Cercado de Lima: anciana de 90 años vive sus últimos días entre la pobreza y el olvido
Anastasia Ibarra fue abandonada hace ocho años. Su salud se ha resquebrajado y el lugar en que vive es precario. Las autoridades no han colaborado con su caso
Su mirada se pierde en medio del desorden y de la suciedad de un cuarto de tres por tres de triplay y drywall, enmohecido, sumamente precario y por el que se cuelan ruidos ensordecedores y animales como ratas y arañas en el Cercado de Lima.
A duras penas, la ancianita de 90 años puede valerse por sí para tomar una taza de té o para levantarse de la cama. Pero hacer otras actividades comunes y automáticas para la mayoría, a Atanasia Ibarra Montes le resultan casi imposibles por la fragilidad de su condición.
Por ejemplo, colocarse una chompa o recoger algún balde debajo del pequeño catre sobre el que descansa un colchón de esponja con un forro rasgado y polvoriento es todo un desafío para la mujer cuyo estado de salud no es óptimo.
No tiene familia y nadie la ha ido a buscar al 814 del jirón Huancavelica, donde vive de la caridad de algunos vecinos como José Parra, el propietario del predio que la asiste siempre y que intenta ayudarla como puede, aunque sabe que no es suficiente.
Una persona, hace ocho años, la llevó a la quinta propiedad de Parra y pidió que le den un pequeño espacio por algunos días, sin embargo ese hombre nunca más apareció. En todo este tiempo, desde entonces, la salud de la mujer, que padece de constantes temblores en el cuerpo, se ha visto sumamente resquebrajada.
Parra envió cartas a la Beneficencia pública en las que pidió ayuda para que puedan albergar a la ancianita y que le den calidad de vida. Sin embargo, las respuestas fueron siempre negativas. No se quisieron hacer cargo y el caso lo mandaron al archivo, según cuenta.
Por fortuna, Atanasia está afiliada al Seguro Integral de Salud y cobra Pensión 65, pequeño monto que sirve para su alimentación. Pero con su enfermedad es casi imposible que ella haga cosas por su cuenta, vivir es casi una agonía lenta para la nonagenaria.
Las paredes de su cuarto están ennegrecidas por el humo denso y tóxico que deja el pasar de camiones y buses desde afuera. El piso de baldosas de cerámica exhibe la suciedad de años sin haber sido limpiado. Y sobre él, tinas, baldes, plásticos e incluso comida que doña Anastasia coloca para tomar con facilidad cuando está echadita en su precaria cama.
Sus pocas ropas sucias se confunden entre bolsas y restos de blister de pastillas que en algún momento tomó y que quedaron ahí, a la espera de ser desechadas. Pero nadie lo hace. Anastasia ve el final de su vida sin una compañía que la asista y casi en la total soledad.

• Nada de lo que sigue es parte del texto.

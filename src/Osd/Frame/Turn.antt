-- ===== src/Osd/Frame/Turn.antt =====
-- `addOsd` turns the picture: what its loops write, seen as a picture.
use jrtplib4android.Prelude.{
  ℕ, ◌+◌, ◌*◌, ◌-◌, ◌/◌, ◌<◌, ◌≤◌, ◌≡◌, refl, ap, ◌∙◌, inl, some, List, arith, length, get_elem?,
}
use jrtplib4android.Prelude.Bytes.{◌>>=◌}
use jrtplib4android.Osd.Frame.{copy_points, copy_pairs, turn_90, turn_270}
use jrtplib4android.Osd.Frame.Blocks.{Fills-pair, copy_points-Fills, copy_pairs-Fills}
use jrtplib4android.Osd.Frame.Picture.{
  Same, nv21, nv12, clockwise, quarters, luma_at, chroma_at, rows-fit, place-fits,
}

-- The bytes of a frame.
abbrev pub frame_size : (a b : ℕ) → ℕ
frame_size a b = 2 * a * (2 * b) + 2 * a * b

module _ (src dest : List ℕ) (a b : ℕ) (points pairs : ℕ → ℕ → ℕ) where
  -- The luma loops and the chroma loops one after the other.
  pub two_loops :
      ((r t : ℕ) → r < 2 * a → t < 2 * b → points r t < length src)
      → ((r t : ℕ) → r < a → t < b → pairs r t + 1 < length src)
      → frame_size a b ≤ length dest
      → (e : List ℕ) × ((copy_points src points (2 * a) (2 * b) 0 dest >>= λ copied.
            copy_pairs src pairs a b (2 * a * (2 * b)) copied)
          ≡ some e)
        × (length e ≡ length dest)
        × ((r t : ℕ)
            → r < 2 * a
            → t < 2 * b
            → get_elem? e (r * (2 * b) + t) ≡ get_elem? src (points r t))
        × ((r t : ℕ)
            → r < a
            → t < b
            → (get_elem? e (2 * a * (2 * b) + r * (2 * b) + 2 * t) ≡ get_elem? src (pairs r t + 1))
              × (get_elem? e (2 * a * (2 * b) + r * (2 * b) + 2 * t + 1)
                  ≡ get_elem? src (pairs r t)))
  two_loops luma_there chroma_there room =
      let half : 2 * a * b ≡ a * (2 * b) = grind arith in
      let (d, first, luma) =
        copy_points-Fills src points (2 * a) (2 * b) 0 dest luma_there (omega arith) in
      let (e, second, chroma) =
        copy_pairs-Fills src pairs a b (2 * a * (2 * b)) d chroma_there
          (omega (arith, luma.same_size, half)) in
      (
        e,
        rw first second,
        chroma.same_size ∙ luma.same_size,
        λ r t hr ht.
            chroma.outside (r * (2 * b) + t) (inl (place-fits r (2 * a) (2 * b) t hr ht))
            ∙ (let z : r * (2 * b) + t ≡ 0 + r * (2 * b) + t = omega arith in
                ap (λ i. get_elem? d i) z ∙ luma.inside r t hr ht),
        Fills-pair src pairs a b (2 * a * (2 * b)) d e chroma,
      )

module _ (src dest : List ℕ) (a b : ℕ) (enough : frame_size a b ≤ length src)
    (room : frame_size a b ≤ length dest) where
  luma_there : (column row : ℕ) → column < 2 * a → row < 2 * b → luma_at a column row < length src
  luma_there column row hc hr = omega (arith, place-fits row (2 * b) (2 * a) column hr hc)

  chroma_there : (column row : ℕ) → column < a → row < b → chroma_at a b column row + 1 < length src
  chroma_there column row hc hr =
      let e : b * (2 * a) ≡ 2 * a * b = grind arith in omega (arith, rows-fit row b (2 * a) hr, e)

  pub turn_90-clockwise :
      (e : List ℕ) × (turn_90 src (2 * a) (2 * b) dest ≡ some e)
      × (length e ≡ length dest)
      × Same (nv12 b a e) (clockwise (nv21 a b src))
  unfolding turn_90
  turn_90-clockwise =
      let points : ℕ → ℕ → ℕ = λ i t. (2 * b - 1 - t) * (2 * a) + i in
      let pairs : ℕ → ℕ → ℕ = λ i t. 2 * a * (2 * b) + 2 * a * (b - 1 - t) + 2 * i in
      let same : (i t : ℕ) → pairs i t ≡ chroma_at a b i (b - 1 - t) = λ i t. grind arith in
      let (e, ran, size, luma, chroma) =
        two_loops src dest a b points pairs
          (λ r t hr ht. luma_there r (2 * b - 1 - t) hr (omega arith))
          (λ r t hr ht. omega (arith, same r t, chroma_there r (b - 1 - t) hr (omega arith)))
          room in
      let h : 2 * b / 2 ≡ b = omega arith in
      let w : (2 * a + 1) / 2 ≡ a = omega arith in
      let turned : 2 * b * (2 * a) ≡ 2 * a * (2 * b) = grind arith in
      (
        e,
        rw (h, w) ran,
        size,
        record {
          same_a = refl;
          same_b = refl;
          same_y = λ column row hc hr. luma row column hr hc;
          same_u = λ column row hc hr.
              rw turned (chroma row column hr hc).0
              ∙ ap (λ i. get_elem? src (i + 1)) (same row column);
          same_v = λ column row hc hr.
              rw turned (chroma row column hr hc).1 ∙ ap (λ i. get_elem? src i) (same row column);
        },
      )

  pub turn_270-clockwise :
      (e : List ℕ) × (turn_270 src (2 * a) (2 * b) dest ≡ some e)
      × (length e ≡ length dest)
      × Same (nv12 b a e) (quarters 3 (nv21 a b src))
  unfolding turn_270
  turn_270-clockwise =
      let points : ℕ → ℕ → ℕ = λ i t. t * (2 * a) + (2 * a - 1 - i) in
      let pairs : ℕ → ℕ → ℕ = λ i t. 2 * a * (2 * b) + 2 * a * t + (2 * a - 1 - 2 * i) - 1 in
      let same : (i t : ℕ) → i < a → pairs i t ≡ chroma_at a b (a - 1 - i) t =
        λ i t h. grind arith in
      let back : (n i : ℕ) → i < n → i ≡ n - 1 - (n - 1 - i) = λ n i h. omega arith in
      let (e, ran, size, luma, chroma) =
        two_loops src dest a b points pairs
          (λ r t hr ht. luma_there (2 * a - 1 - r) t (omega arith) ht)
          (λ r t hr ht. omega (arith, same r t hr, chroma_there (a - 1 - r) t (omega arith) ht))
          room in
      let h : 2 * b / 2 ≡ b = omega arith in
      let w : (2 * a + 1) / 2 ≡ a = omega arith in
      let turned : 2 * b * (2 * a) ≡ 2 * a * (2 * b) = grind arith in
      (
        e,
        rw (h, w) ran,
        size,
        record {
          same_a = refl;
          same_b = refl;
          same_y = λ column row hc hr.
              luma row column hr hc
              ∙ ap (λ t. get_elem? src (luma_at a (2 * a - 1 - row) t)) (back (2 * b) column hc);
          same_u = λ column row hc hr.
              rw turned (chroma row column hr hc).0
              ∙ (ap (λ i. get_elem? src (i + 1)) (same row column hr)
                  ∙ ap (λ t. get_elem? src (chroma_at a b (a - 1 - row) t + 1)) (back b column hc));
          same_v = λ column row hc hr.
              rw turned (chroma row column hr hc).1
              ∙ (ap (λ i. get_elem? src i) (same row column hr)
                  ∙ ap (λ t. get_elem? src (chroma_at a b (a - 1 - row) t)) (back b column hc));
        },
      )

El único lugar de luz en su oscuro cubículo es un pequeño altarcito improvisado en el que se yerguen imágenes del Señor de los Milagros, una fotografía de la Virgen del Carmen, cuatro rosarios y un pequeño reloj de velador sucio que parece haber dejado de funcionar hace años.
Doña Anastasia está lúcida, pese a que no se le puede entender con facilidad, las pocas ideas que expresa tienen coherencia, sin embargo hablar para ella es un reto al que no está acostumbrada a ser sometida. Su mirada dice ahora, sobre aquello que necesita, mucho más de lo que pudieran decir sus palabras.
A la espera de que alguna institución como el Inabif o el Ministerio de Desarrollo e Inclusión Social (Midis) puedan ayudarla y darle calidad de vida y un albergue digno pasan los días de Anastasia Ibarra Montes, la valiente mujer que se aferra a vivir pero que solo ha recibido, hasta ahora, indiferencia y olvido de las autoridades y de una propia familia que ya no tiene y que la ha olvidado.